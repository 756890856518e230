-- ===== src/Sanitizer/Events/Reads.antt =====
-- sanitizer.py: which entries of a raw event the event that leaves depends on.
use celery_diagnostics_obser.Prelude.{
  String, Bool, true, Option, none, some, ◌≡◌, refl, ◌||◌, str_eq,
}
use celery_diagnostics_obser.Result.{>>=_ext, >>=_same}
use celery_diagnostics_obser.Values.{Fields, dict}
use celery_diagnostics_obser.Values.Dict.{get}
use celery_diagnostics_obser.Config.{ObserverConfig}
use celery_diagnostics_obser.Policy.{TelemetryPolicy}
use celery_diagnostics_obser.Runtime.{Runtime}
use celery_diagnostics_obser.Sanitizer.Exceptions.{exception_identity}
use celery_diagnostics_obser.Sanitizer.Parts.{
  type_of, id_of, delivery_info, name_value, worker_value, task_label, queue_label, route_label,
  worker_label, task_worker_label, identity_values, capsule_for, expired_revoke, requeued_rejection,
  delivery_redelivered, progress_entries, progress_metadata, task_metadata, retries_value,
}
use celery_diagnostics_obser.Sanitizer.Events.{
  periodic_part, run_part, task_payload, worker_payload, sanitize_task_event, sanitize_worker_event,
  dispatch, sanitize_fields, sanitize_celery_event,
}

-- the keys that are read for anything but the class of an exception
abbrev pub is_read : String → Bool
is_read k =
    str_eq k "type"
    || str_eq k "event_type"
    || str_eq k "uuid"
    || str_eq k "id"
    || str_eq k "task_id"
    || str_eq k "name"
    || str_eq k "task"
    || str_eq k "queue"
    || str_eq k "routing_key"
    || str_eq k "delivery_info"
    || str_eq k "hostname"
    || str_eq k "worker"
    || str_eq k "expired"
    || str_eq k "requeue"
    || str_eq k "redelivered"
    || str_eq k "clock"
    || str_eq k "local_received"
    || str_eq k "progress_sequence"
    || str_eq k "progress_max_silence_seconds"
    || str_eq k "periodic_schedule_name"
    || str_eq k "exchange"
    || str_eq k "timestamp"
    || str_eq k "root_id"
    || str_eq k "parent_id"
    || str_eq k "retries"
    || str_eq k "application_retry_index"
    || str_eq k "eta"
    || str_eq k "runtime"
    || str_eq k "is_periodic_task"
    || str_eq k "periodic_schedule_id"
    || str_eq k "periodic_schedule_hash"
    || str_eq k "periodic_schedule_version"
    || str_eq k "periodic_occurrence_key"
    || str_eq k "periodic_scheduled_fire_at"
    || str_eq k "periodic_task_lateness_ms"
    || str_eq k "beat_hostname"
    || str_eq k "beat_schedule_version"
    || str_eq k "beat_schedule_entry_count"
    || str_eq k "beat_schedule_snapshot_complete"
    || str_eq k "beat_schedule_entries"
    || str_eq k "freq"

module _ (rt : Runtime) (config : ObserverConfig) (policy : TelemetryPolicy) (now : String)
    (raw raw' : Fields) (same : (k : String) → is_read k ≡ true → get k raw ≡ get k raw') where
  task_label_same : task_label rt config policy raw ≡ task_label rt config policy raw'
  unfolding task_label name_value
  task_label_same = rw (same "name" refl, same "task" refl) refl

  delivery_info_same : delivery_info raw ≡ delivery_info raw'
  unfolding delivery_info
  delivery_info_same = rw (same "delivery_info" refl) refl

  queue_label_same : queue_label rt config policy raw ≡ queue_label rt config policy raw'
  unfolding queue_label
  queue_label_same = rw (same "queue" refl, same "routing_key" refl, delivery_info_same) refl

  route_label_same : route_label rt config policy raw ≡ route_label rt config policy raw'
  unfolding route_label
  route_label_same = rw (same "routing_key" refl, delivery_info_same) refl

  worker_label_same : worker_label rt config policy raw ≡ worker_label rt config policy raw'
  unfolding worker_label worker_value
  worker_label_same = rw (same "hostname" refl, same "worker" refl) refl

  capsule_for_same :
      (event_type task_id : String)
      → capsule_for rt config policy event_type task_id raw
        ≡ capsule_for rt config policy event_type task_id raw'
  unfolding capsule_for identity_values name_value worker_value
  capsule_for_same event_type task_id =
      rw
        (
          same "name" refl,
          same "task" refl,
          same "queue" refl,
          same "routing_key" refl,
          same "hostname" refl,
          same "worker" refl,
        )
        refl

  task_metadata_same :
      (event_type : String) → task_metadata rt event_type raw ≡ task_metadata rt event_type raw'
  unfolding task_metadata progress_metadata progress_entries expired_revoke requeued_rejection
  task_metadata_same event_type =
      rw
        (
          same "clock" refl,
          same "local_received" refl,
          same "progress_sequence" refl,
          same "progress_max_silence_seconds" refl,
          same "expired" refl,
          same "requeue" refl,
        )
        refl

  periodic_part_same :
      (event_type schedule_name : String) (metadata : Fields)
      → periodic_part rt config policy event_type schedule_name raw metadata
        ≡ periodic_part rt config policy event_type schedule_name raw' metadata
  unfolding periodic_part
  periodic_part_same event_type schedule_name metadata =
      rw
        (
          same "periodic_scheduled_fire_at" refl,
          same "periodic_task_lateness_ms" refl,
          same "beat_hostname" refl,
          same "is_periodic_task" refl,
          same "periodic_schedule_id" refl,
          same "periodic_schedule_hash" refl,
          same "periodic_schedule_version" refl,
          same "periodic_occurrence_key" refl,
        )
        refl

  retries_value_same : retries_value raw ≡ retries_value raw'
  unfolding retries_value
  retries_value_same = rw (same "retries" refl, same "application_retry_index" refl) refl

  expired_revoke_same :
      (event_type : String) → expired_revoke rt event_type raw ≡ expired_revoke rt event_type raw'
  unfolding expired_revoke
  expired_revoke_same event_type = rw (same "expired" refl) refl

  delivery_redelivered_same :
      (event_type : String)
      → delivery_redelivered rt event_type raw ≡ delivery_redelivered rt event_type raw'
  unfolding delivery_redelivered requeued_rejection
  delivery_redelivered_same event_type =
      rw (same "requeue" refl, same "redelivered" refl, delivery_info_same) refl

  task_worker_label_same :
      (event_type : String)
      → task_worker_label rt config policy event_type raw
        ≡ task_worker_label rt config policy event_type raw'
  unfolding task_worker_label
  task_worker_label_same event_type = rw worker_label_same refl

  run_part_same :
      (event_type state schedule_name : String) (metadata : Fields)
      → exception_identity rt raw policy ≡ exception_identity rt raw' policy
      → run_part rt config policy now event_type state schedule_name raw metadata
        ≡ run_part rt config policy now event_type state schedule_name raw' metadata
  unfolding run_part
  run_part_same event_type state schedule_name metadata exception =
      rw
        (
          same "timestamp" refl,
          same "root_id" refl,
          same "parent_id" refl,
          retries_value_same,
          same "eta" refl,
          same "runtime" refl,
          periodic_part_same event_type schedule_name metadata,
          exception,
          expired_revoke_same event_type,
          delivery_redelivered_same event_type,
        )
        refl

  task_payload_same :
      (event_type : String) (mapped : String × String) (task_id : String)
      → exception_identity rt raw policy ≡ exception_identity rt raw' policy
      → task_payload rt config policy now event_type mapped task_id raw
        ≡ task_payload rt config policy now event_type mapped task_id raw'
  unfolding task_payload
  task_payload_same event_type (normalized_type, state) task_id exception =
      rw
        (
          task_label_same,
          queue_label_same,
          route_label_same,
          task_worker_label_same event_type,
          capsule_for_same event_type task_id,
          task_metadata_same event_type,
          same "periodic_schedule_name" refl,
          same "exchange" refl,
        )
        (>>=_ext _ _ _ (λ a. >>=_ext _ _ _ (λ b. >>=_ext _ _ _ (λ c. >>=_ext _ _ _ (λ d.
          >>=_ext _ _ _ (λ e. >>=_ext _ _ _ (λ f. >>=_ext _ _ _ (λ metadata.
            >>=_ext _ _ _ (λ (g : String × Bool). >>=_ext _ _ _ (λ h.
              >>=_ext _ _ _ (λ (i : String × Bool).
                >>=_same _ _ _ (run_part_same event_type state (g.0) metadata exception))))))))))))

  worker_payload_same :
      (event_type : String) (mapped : String × String) (labelled : String × Bool)
      → worker_payload rt config policy now event_type mapped labelled raw
        ≡ worker_payload rt config policy now event_type mapped labelled raw'
  unfolding worker_payload
  worker_payload_same event_type (n, s) (w, h) =
      rw
        (
          same "beat_schedule_entry_count" refl,
          same "beat_schedule_entries" refl,
          same "timestamp" refl,
          same "clock" refl,
          same "freq" refl,
          same "beat_schedule_version" refl,
          same "beat_schedule_snapshot_complete" refl,
        )
        refl

  worker_event_same :
      (event_type : String) (mapped : String × String)
      → sanitize_worker_event rt config policy now event_type mapped raw
        ≡ sanitize_worker_event rt config policy now event_type mapped raw'
  unfolding sanitize_worker_event
  worker_event_same event_type mapped =
      rw worker_label_same
        (>>=_ext _ _ _ (λ labelled. rw (worker_payload_same event_type mapped labelled) refl))

  type_of_same : type_of rt raw ≡ type_of rt raw'
  unfolding type_of
  type_of_same = rw (same "type" refl, same "event_type" refl) refl

  id_of_same : id_of rt raw ≡ id_of rt raw'
  unfolding id_of
  id_of_same = rw (same "uuid" refl, same "id" refl, same "task_id" refl) refl

  module _ (exception : exception_identity rt raw policy ≡ exception_identity rt raw' policy) where
    task_event_same :
        (event_type : String) (mapped : String × String)
        → sanitize_task_event rt config policy now event_type mapped raw
          ≡ sanitize_task_event rt config policy now event_type mapped raw'
    unfolding sanitize_task_event
    task_event_same event_type mapped =
        rw id_of_same (rw (task_payload_same event_type mapped (id_of rt raw') exception) refl)

    dispatch_same :
        (event_type : String) (t w : Option (String × String))
        → dispatch rt config policy now raw event_type t w
          ≡ dispatch rt config policy now raw' event_type t w
    unfolding dispatch
    dispatch_same event_type (some mapped) w = task_event_same event_type mapped
    dispatch_same event_type none (some mapped) = worker_event_same event_type mapped
    dispatch_same event_type none none = refl

    -- The event that leaves depends on the listed keys of the raw event and on the class that is
    -- read from its exception texts: two raw events that agree on these give the same event, whatever
    -- else they hold, such as arguments, a result or a traceback.
    pub sanitize_depends :
        sanitize_celery_event rt config policy now (dict raw)
        ≡ sanitize_celery_event rt config policy now (dict raw')
    unfolding sanitize_celery_event sanitize_fields
    sanitize_depends = rw type_of_same (dispatch_same (type_of rt raw') _ _)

--------------------------------

What the task asks:
Return only the number of lines in the entries above that contain the word "ObserverConfig".

Your solution:
2